* **Given entries**:

*** Block opens ***

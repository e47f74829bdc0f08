-- ===== src/ClientHandler/Replies.antt =====
-- The reply to a log message, and what it leaves in the client's log file.
use mathlib.Core.Path.{ap₂}
use remote_monitoring_tool.Prelude.{
  ℕ, ◌+◌, ◌^◌, ◌<◌, ◌≡◌, refl, sym, ap, subst, ◌∙◌, inl, inr, true, Option, some, List, [], ◌∷◌,
  ◌++◌, arith, append-nil, Bytes, codes, bytes_eq_refl, ==_refl, All, All-append, length,
  length-append,
}
use remote_monitoring_tool.Result.{ok}
use remote_monitoring_tool.Event.{network_send, network_recv}
use remote_monitoring_tool.Text.{decimal}
use remote_monitoring_tool.Text.Decimal.{length-decimal-le}
use remote_monitoring_tool.Wire.{stream}
use remote_monitoring_tool.Wire.Numbers.{
  encode_string, encode_vector, string-IsCodec, vector-IsCodec,
}
use remote_monitoring_tool.LogEntry.{LogEntry, Junk, IsEntry}
use remote_monitoring_tool.LogEntry.Binary.{encode_entry, entry-IsCodec}
use remote_monitoring_tool.Disk.{Disk, store, bytes_or_none}
use remote_monitoring_tool.LogQueue.Load.{print_all, print_all-append}
use remote_monitoring_tool.LogQueue.Runs.{Run, Run-append}
use remote_monitoring_tool.ClientHandler.{
  ClientInfo, client_log_file, last_acked_id, accept, ack_message, handle_recv_log, on_event,
}
use remote_monitoring_tool.ClientHandler.Accepted.{
  accepted, accept-accepted, Run-accepted, All-accepted, length-accepted, IsLogged, IsLog,
  last_acked_id-IsLog,
}

-- The payload of a log message.
abbrev pub log_payload : List LogEntry → Bytes
log_payload vec = encode_string (codes "log") ++ encode_vector encode_entry vec

-- The payload of an ack.
abbrev pub ack_payload : ℕ → Bytes
ack_payload id = encode_string (codes "ack " ++ decimal id)

IsLog-accepted :
    (content : Option Bytes) (es vec : List LogEntry)
    → IsLog content es
    → All IsLogged vec
    → IsLog (some (print_all (es ++ accepted (length es) vec))) (es ++ accepted (length es) vec)
IsLog-accepted content es vec h hv = record {
  in_file = inl refl;
  run =
      Run-append 1 es (accepted (length es) vec) h.run (
        subst (λ n. Run n (accepted (length es) vec)) (omega arith) (Run-accepted (length es) vec));
  logged = All-append IsLogged es _ h.logged (All-accepted IsLogged (length es) vec hv);
}

file_before :
    (content : Option Bytes) (es : List LogEntry)
    → IsLog content es
    → bytes_or_none content ≡ print_all es
unfolding print_all
file_before content es h = elim (h.in_file) [
  | inl p ↦ ap bytes_or_none p
  | inr (p, q) ↦ ap bytes_or_none p ∙ sym (ap print_all q)
]

pub entries : (vec : List LogEntry) → All IsLogged vec → All IsEntry vec
entries [] h = tt
entries (e ∷ vec) (he, h) = (he.printable.entry, entries vec h)

ack_message-small : (id : ℕ) → id < 2 ^ 64 → ack_message id ≡ ok (ack_payload id)
unfolding ack_message
ack_message-small id h =
    string-IsCodec.writes [] (codes "ack " ++ decimal id) (omega (arith, length-decimal-le id h))

module _ (d : Disk) (info : ClientInfo) (junk : Junk) (es vec : List LogEntry)
    (before : IsLog (d.content (client_log_file info)) es) (logged : All IsLogged vec)
    (short : length vec < 2 ^ 32) (room : length es + length vec < 2 ^ 64) where
  pub after : List LogEntry
  after = es ++ accepted (length es) vec

  accept_all :
      accept
        (last_acked_id (d.content (client_log_file info)) junk)
        (bytes_or_none (d.content (client_log_file info)))
        vec
      ≡ (length after, print_all after)
  unfolding after
  accept_all =
      ap (λ n. accept n (bytes_or_none (d.content (client_log_file info))) vec)
        (last_acked_id-IsLog (d.content (client_log_file info)) es junk before)
      ∙ ap (λ f. accept (length es) f vec)
          (file_before (d.content (client_log_file info)) es before)
      ∙ accept-accepted (length es) (print_all es) vec room
      ∙ ap₂ (λ x y. (x, y)) (sym (length-append es (accepted (length es) vec)))
          (sym (print_all-append es (accepted (length es) vec)))

  -- A log message extends the log file by the entries that continue it, and is answered by the id
  -- of the last one.
  pub handle_recv_log_lem :
      d.writable (client_log_file info) ≡ true
      → handle_recv_log d info (stream (encode_vector encode_entry vec)) junk
        ≡ ok (
          store d (client_log_file info) (print_all after),
          some (network_send info.client_ip info.client_port (ack_payload (length after))),
        )
  unfolding handle_recv_log
  handle_recv_log_lem w = rw (
    ← append-nil (encode_vector encode_entry vec),
    (vector-IsCodec junk.number entry-IsCodec).reads vec [] (short, entries vec logged),
    accept_all,
    w,
    ack_message-small (length after) small,
  )
    where
      small : length after < 2 ^ 64
      small =
          unfold after in
          (omega
            (arith, length-append es (accepted (length es) vec), length-accepted (length es) vec))

on_response-log :
    (d : Disk) (info : ClientInfo) (junk : Junk) (vec : List LogEntry)
    → on_event d info junk (network_recv info.client_ip info.client_port (log_payload vec))
      ≡ handle_recv_log d info (stream (encode_vector encode_entry vec)) junk
unfolding on_event
on_response-log d info junk vec = rw (
  bytes_eq_refl info.client_ip,
  ==_refl info.client_port,
  string-IsCodec.reads (codes "log") (encode_vector encode_entry vec) (omega arith),
)

-- Let the client's log file hold the entries with the ids 1 to n (or be missing, with n = 0),
-- and let a message of fewer than 2 ^ 32 loggable entries come from the client, whose log file
-- can be written, with all ids below 2 ^ 64. Then the file is extended by the entries of the
-- message that continue the sequence, it holds the ids from 1 on again, and the ack that is
-- published names the id of its last entry.
pub on_event-IsLog :
    (d : Disk) (info : ClientInfo) (junk : Junk) (es vec : List LogEntry)
    → IsLog (d.content (client_log_file info)) es
    → All IsLogged vec
    → length vec < 2 ^ 32
    → length es + length vec < 2 ^ 64
    → d.writable (client_log_file info) ≡ true
    → (on_event d info junk (network_recv info.client_ip info.client_port (log_payload vec))
        ≡ ok (
          store d (client_log_file info) (print_all (es ++ accepted (length es) vec)),
          some (
              network_send info.client_ip info.client_port
                (ack_payload (length (es ++ accepted (length es) vec)))),
        ))
      × IsLog (some (print_all (es ++ accepted (length es) vec))) (es ++ accepted (length es) vec)
unfolding after
on_event-IsLog d info junk es vec before logged short room w = (
  on_response-log d info junk vec
      ∙ handle_recv_log_lem d info junk es vec before logged short room w,
  IsLog-accepted (d.content (client_log_file info)) es vec before logged,
)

*** Block closes ***

All lines in the material are to be returned exactly.

* **Your solution**:
repository e47f74829bdc0f08
-- ===== src/ClientHandler/Replies.antt =====
-- The reply to a log message, and what it leaves in the client's log file.
use mathlib.Core.Path.{ap₂}
use remote_monitoring_tool.Prelude.{
  ℕ, ◌+◌, ◌^◌, ◌<◌, ◌≡◌, refl, sym, ap, subst, ◌∙◌, inl, inr, true, Option, some, List, [], ◌∷◌,
  ◌++◌, arith, append-nil, Bytes, codes, bytes_eq_refl, ==_refl, All, All-append, length,
  length-append,
}
use remote_monitoring_tool.Result.{ok}
use remote_monitoring_tool.Event.{network_send, network_recv}
use remote_monitoring_tool.Text.{decimal}
use remote_monitoring_tool.Text.Decimal.{length-decimal-le}
use remote_monitoring_tool.Wire.{stream}
use remote_monitoring_tool.Wire.Numbers.{
  encode_string, encode_vector, string-IsCodec, vector-IsCodec,
}
use remote_monitoring_tool.LogEntry.{LogEntry, Junk, IsEntry}
use remote_monitoring_tool.LogEntry.Binary.{encode_entry, entry-IsCodec}
use remote_monitoring_tool.Disk.{Disk, store, bytes_or_none}
use remote_monitoring_tool.LogQueue.Load.{print_all, print_all-append}
use remote_monitoring_tool.LogQueue.Runs.{Run, Run-append}
use remote_monitoring_tool.ClientHandler.{
  ClientInfo, client_log_file, last_acked_id, accept, ack_message, handle_recv_log, on_event,
}
use remote_monitoring_tool.ClientHandler.Accepted.{
  accepted, accept-accepted, Run-accepted, All-accepted, length-accepted, IsLogged, IsLog,
  last_acked_id-IsLog,
}

-- The payload of a log message.
abbrev pub log_payload : List LogEntry → Bytes
log_payload vec = encode_string (codes "log") ++ encode_vector encode_entry vec

-- The payload of an ack.
abbrev pub ack_payload : ℕ → Bytes
ack_payload id = encode_string (codes "ack " ++ decimal id)

IsLog-accepted :
    (content : Option Bytes) (es vec : List LogEntry)
    → IsLog content es
    → All IsLogged vec
    → IsLog (some (print_all (es ++ accepted (length es) vec))) (es ++ accepted (length es) vec)
IsLog-accepted content es vec h hv = record {
  in_file = inl refl;
  run =
      Run-append 1 es (accepted (length es) vec) h.run (
        subst (λ n. Run n (accepted (length es) vec)) (omega arith) (Run-accepted (length es) vec));
  logged = All-append IsLogged es _ h.logged (All-accepted IsLogged (length es) vec hv);
}

file_before :
    (content : Option Bytes) (es : List LogEntry)
    → IsLog content es
    → bytes_or_none content ≡ print_all es
unfolding print_all
file_before content es h = elim (h.in_file) [
  | inl p ↦ ap bytes_or_none p
  | inr (p, q) ↦ ap bytes_or_none p ∙ sym (ap print_all q)
]

pub entries : (vec : List LogEntry) → All IsLogged vec → All IsEntry vec
entries [] h = tt
entries (e ∷ vec) (he, h) = (he.printable.entry, entries vec h)

ack_message-small : (id : ℕ) → id < 2 ^ 64 → ack_message id ≡ ok (ack_payload id)
unfolding ack_message
ack_message-small id h =
    string-IsCodec.writes [] (codes "ack " ++ decimal id) (omega (arith, length-decimal-le id h))

module _ (d : Disk) (info : ClientInfo) (junk : Junk) (es vec : List LogEntry)
    (before : IsLog (d.content (client_log_file info)) es) (logged : All IsLogged vec)
    (short : length vec < 2 ^ 32) (room : length es + length vec < 2 ^ 64) where
  pub after : List LogEntry
  after = es ++ accepted (length es) vec

  accept_all :
      accept
        (last_acked_id (d.content (client_log_file info)) junk)
        (bytes_or_none (d.content (client_log_file info)))
        vec
      ≡ (length after, print_all after)
  unfolding after
  accept_all =
      ap (λ n. accept n (bytes_or_none (d.content (client_log_file info))) vec)
        (last_acked_id-IsLog (d.content (client_log_file info)) es junk before)
      ∙ ap (λ f. accept (length es) f vec)
          (file_before (d.content (client_log_file info)) es before)
      ∙ accept-accepted (length es) (print_all es) vec room
      ∙ ap₂ (λ x y. (x, y)) (sym (length-append es (accepted (length es) vec)))
          (sym (print_all-append es (accepted (length es) vec)))

  -- A log message extends the log file by the entries that continue it, and is answered by the id
  -- of the last one.
  pub handle_recv_log_lem :
      d.writable (client_log_file info) ≡ true
      → handle_recv_log d info (stream (encode_vector encode_entry vec)) junk
        ≡ ok (
          store d (client_log_file info) (print_all after),
          some (network_send info.client_ip info.client_port (ack_payload (length after))),
        )
  unfolding handle_recv_log
  handle_recv_log_lem w = rw (
    ← append-nil (encode_vector encode_entry vec),
    (vector-IsCodec junk.number entry-IsCodec).reads vec [] (short, entries vec logged),
    accept_all,
    w,
    ack_message-small (length after) small,
  )
    where
      small : length after < 2 ^ 64
      small =
          unfold after in
          (omega
            (arith, length-append es (accepted (length es) vec), length-accepted (length es) vec))

on_response-log :
    (d : Disk) (info : ClientInfo) (junk : Junk) (vec : List LogEntry)
    → on_event d info junk (network_recv info.client_ip info.client_port (log_payload vec))
      ≡ handle_recv_log d info (stream (encode_vector encode_entry vec)) junk
unfolding on_event
on_response-log d info junk vec = rw (
  bytes_eq_refl info.client_ip,
  ==_refl info.client_port,
  string-IsCodec.reads (codes "log") (encode_vector encode_entry vec) (omega arith),
)

-- Let the client's log file hold the entries with the ids 1 to n (or be missing, with n = 0),
-- and let a message of fewer than 2 ^ 32 loggable entries come from the client, whose log file
-- can be written, with all ids below 2 ^ 64. Then the file is extended by the entries of the
-- message that continue the sequence, it holds the ids from 1 on again, and the ack that is
-- published names the id of its last entry.
pub on_event-IsLog :
    (d : Disk) (info : ClientInfo) (junk : Junk) (es vec : List LogEntry)
    → IsLog (d.content (client_log_file info)) es
    → All IsLogged vec
    → length vec < 2 ^ 32
    → length es + length vec < 2 ^ 64
    → d.writable (client_log_file info) ≡ true
    → (on_event d info junk (network_recv info.client_ip info.client_port (log_payload vec))
        ≡ ok (
          store d (client_log_file info) (print_all (es ++ accepted (length es) vec)),
          some (
              network_send info.client_ip info.client_port
                (ack_payload (length (es ++ accepted (length es) vec)))),
        ))
      × IsLog (some (print_all (es ++ accepted (length es) vec))) (es ++ accepted (length es) vec)
unfolding after
on_event-IsLog d info junk es vec before logged short room w = (
  on_response-log d info junk vec
      ∙ handle_recv_log_lem d info junk es vec before logged short room w,
  IsLog-accepted (d.content (client_log_file info)) es vec before logged,
)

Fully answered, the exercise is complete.